他果然还是不服输,对于自己决定了的事情,不完成是绝不可能中途放弃的。
这个地方风沙还真是大,埃迪最讨厌一不注意就夹在他的头发里的沙子,干脆扣上了兜帽。
继续前进。
不过,他留给后面的背影似是要比之前更沉,更重一些。
在那之后,埃迪不拘泥于小小一个区域,这颗星球上的所有土地几乎都有他的足迹,而且,还不止踏过一次。
许多古老的文明绵延几百年,就会因为各种各样的因素毁灭,然后新的文明又会诞生。
埃迪拿不准这个世界的“神”究竟是怎么出现的,吉尔伽美什好像跟他简略地提过一点,但具体原因,神之子也不清楚。
他也懒得去深入研究了,直接采取最适合他、也最简单粗暴的方法。
哪个地区、哪个国家出现了信仰,有“神迹”传出,他就去那儿找。
这个方法确实简单,但真的挨个挨个找起来却还是相当地麻烦,因为时间跨度太大,寻找的范围实在过于广泛。
千年多来他去过的国家加起来数量可谓惊人,但从他完全没有收获的结果来看,就知道这些都有多水了。
这之中有相当大比重的信仰文明都是人类虚构的,还有极小一部分,是有一点真正的神的影子。但那影子太过微弱,根本无法追寻起踪迹。
如此兜兜转转,还是明知道多半没有希望、但仍旧得去浪费时间的一阵折腾,让埃迪越来越没有耐心,压在心头的憋屈越来越多,也能够说得过去了。
又是很多年之后,埃迪才来到了埃及。
不得不说,埃及是他目前为止发现的最有希望找到“神”的地方。
大概是一年前,他还在遥远之外的海外大陆漂泊的时候,某一天,突然间感应到从远方骤然爆发的奇异的力量。
那股力量自然很陌生,而且一闪而逝,若是不注意,肯定会被判定为错觉。
可埃迪却在感应到的第一时间确定,那就是他要寻找的“痕迹”。
不管是一秒断定的直觉,还是实在找不到线索的一次尝试,他都要去力量出现的地方一探究竟。
于是——他来到了这片有尼罗河流经的土地。
成为法老之子,也就是未来法老的老师,看起来是阴差阳错,可埃迪又不傻,怎么可能没发现法老那古怪的态度。
既然有不对劲的地方,那他就顺势答应下来。正好,埃迪怀疑那日出现的神迹与“法老”这一特殊的存在有关,能够近距离观察一下,也算是顺了他的心意。

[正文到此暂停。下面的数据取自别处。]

-- ===== src/Holder/EvictionMap/Inserted.antt =====
-- What `with_capacity` and `insert` of `EvictionMap` (eviction_map.rs) do, while nothing is evicted.
use persia.Base.{
  ℕ, ◌+◌, ◌-◌, ◌≤◌, ◌<◌, ◌%◌, ◌≡◌, refl, sym, ap, subst, ◌∙◌, inl, inr, false, Option, none, some,
  List, [], ◌∷◌, ◌++◌, arith, ltb, length, length-append, Outcome, ok, u32_size, u32_add, tail_of,
}
use persia.Base.Map.{Eq, get as map_get, insert as map_insert}
use persia.Holder.LinkedList.{ArrayLinkedList, with_capacity as list_with_capacity}
use persia.Holder.LinkedList.Chain.{Cells}
use persia.Holder.LinkedList.Invariant.{Repr, next_slot}
use persia.Holder.LinkedList.Remove.{remove}
use persia.Holder.LinkedList.Read.{list_len}
use persia.Holder.LinkedList.Pushed.{push_back-Repr}
use persia.Holder.LinkedList.Constructed.{with_capacity-Repr, slots_from}
use persia.Holder.EvictionMap.{EvictionMap, with_capacity, insert}
use persia.Holder.EvictionMap.Indexed.{without, Indexes, find-cases}
use persia.Holder.EvictionMap.Refreshed.{value_of, moved-Indexes, remove-cell}

module _ {K : Type 0} {V : Type 0} ⦃e : Eq K⦄ (hashmap_key : V → K) where
  -- A new map holds no key.
  pub with_capacity-Indexes :
      (capacity : ℕ)
      → capacity + 1 < u32_size
      → Indexes hashmap_key (with_capacity capacity) [] (slots_from (capacity + 1) 1)
  unfolding with_capacity u32_add map_get
  with_capacity-Indexes capacity h = record {
    list =
        subst (λ n. Repr {A = V} n [] (slots_from (capacity + 1) 1))
          (ap list_with_capacity (sum capacity h)) (with_capacity-Repr V (capacity + 1) h);
    unique = tt;
    indexed = λ key. refl;
  }
    where
      sum : (c : ℕ) → c + 1 < u32_size → c + 1 ≡ (c % u32_size + 1) % u32_size
      sum c b = omega arith

  -- What the removal of the old value leaves of the list.
  pub record Freed (m : EvictionMap K V) (xs : Cells V) (key : K) : Type 0 where
    pub list : ArrayLinkedList V
    pub free : List ℕ
    pub same : length list.elements ≡ length m.linkedlist.elements
    pub chained : Repr list (without hashmap_key xs key) free
    pub removed :
        Path
          (Outcome (Option V × ArrayLinkedList V))
          (elim (map_get m.hashmap key) [
            | some idx ↦ remove m.linkedlist idx
            | none ↦ ok (none, m.linkedlist)
          ])
          (ok (value_of hashmap_key xs key, list))

  pub freed :
      (m : EvictionMap K V) (xs : Cells V) (free : List ℕ) (key : K)
      → Indexes hashmap_key m xs free
      → Freed m xs key
  freed m xs free key inv = elim (find-cases hashmap_key xs key inv.unique) [
    | inl (h, w) ↦ record {
      list = m.linkedlist;
      free = free;
      same = refl;
      chained = subst (λ ws. Repr m.linkedlist ws free) (sym w) inv.list;
      removed = rw (inv.indexed key, h) refl;
    }
    | inr s ↦
        let (l1, e, r1, same) =
          remove-cell m.linkedlist s.before s.after s.cell free
            (subst (λ ws. Repr m.linkedlist ws free) s.cells inv.list) in
        record {
          list = l1;
          free = s.cell.0 ∷ free;
          same = same;
          chained = subst (λ ws. Repr l1 ws (s.cell.0 ∷ free)) (sym s.kept) r1;
          removed = rw (inv.indexed key, s.found) e;
        }
  ]

  not_over : (n k capacity : ℕ) → n ≡ k → k ≤ capacity → ltb capacity (n % u32_size) ≡ false
  not_over n k capacity h b = ground arith

  -- On a map with the invariant, for a value of the key and with room for a slot below 2^32, an
  -- `insert` within the capacity returns the old value of the key and evicts nothing; the new value
  -- is the last of the list, the values of the other keys keep their order, and the invariant holds.
  pub insert-Indexes :
      (m : EvictionMap K V) (xs : Cells V) (free : List ℕ) (key : K) (v : V)
      → Indexes hashmap_key m xs free
      → hashmap_key v ≡ key
      → length m.linkedlist.elements + 1 < u32_size
      → length (without hashmap_key xs key) + 1 ≤ m.capacity
      → (m' : EvictionMap K V) × (i : ℕ) × (free' : List ℕ) × (insert hashmap_key m key v
          ≡ ok ((value_of hashmap_key xs key, none), m'))
        × Indexes hashmap_key m' (without hashmap_key xs key ++ (i, v) ∷ []) free'
  unfolding insert list_len
  insert-Indexes m xs free key v inv owner room fits =
      let f = freed m xs free key inv in
      let (l2, pushed, r2) =
        push_back-Repr f.list v (without hashmap_key xs key) f.free f.chained
          (subst (λ n. n + 1 < u32_size) (sym f.same) room) in
      (
        record m {
          hashmap = map_insert m.hashmap key (next_slot f.list f.free - 1);
          linkedlist = l2;
        },
        next_slot f.list f.free,
        tail_of f.free,
        rw
            (
              f.removed,
              pushed,
              not_over l2.count _ m.capacity
                  (r2.counted
                    ∙ length-append (without hashmap_key xs key)
                        ((next_slot f.list f.free, v) ∷ []))
                  fits,
            )
            refl,
        moved-Indexes hashmap_key m l2 xs free (tail_of f.free) key (next_slot f.list f.free, v)
            owner inv r2,
      )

虽说中途因为不喜欢那个白捡来的徒弟,他心情不好,差点就打算撂担子走人,大不了离远点慢慢观察。但幸好,后来又改变了主意。
这种人家主动送上门让他白吃白住的机会可不容易,而且,那个奥法老的儿子叫什么来着?反正就是那个谁,耐着点性子瞧了瞧,还不至于无可救药。
埃迪本来就没打算认真当什么老师。
像这种自命不凡的小子,吃不了多少苦头的,追着他“挑战”能坚持一个月就算不错了。
嗯一个月是不是长了点儿?
那就半个月。
这么想着,埃迪满意地点点头,当即就愉快地决定,在约定的两年时间里,继续把那个奥什么斯无视到底。
“”
“阿嚏!阿嚏!阿——阿嚏!”
过了这么久都没被老师记住名字的“奥什么斯”重重地打了一连串喷嚏。
明明是个格外俊朗的褐皮少年,此时鼻子眉毛皱到一起,形象受到严重损坏,连王子的高傲都暂时不复存在了。
这肯定不能怪他。
奥兹曼迪亚斯正泡在专供王室成员沐浴的水池里。
没错,这是他的寝殿里的浴池,而且是只能由他享用的专属浴池。
水池面积极大,均匀分布在池边的狮首石像不断地向池中倾泻着热水,以保证沐浴的水温一直不会冷却。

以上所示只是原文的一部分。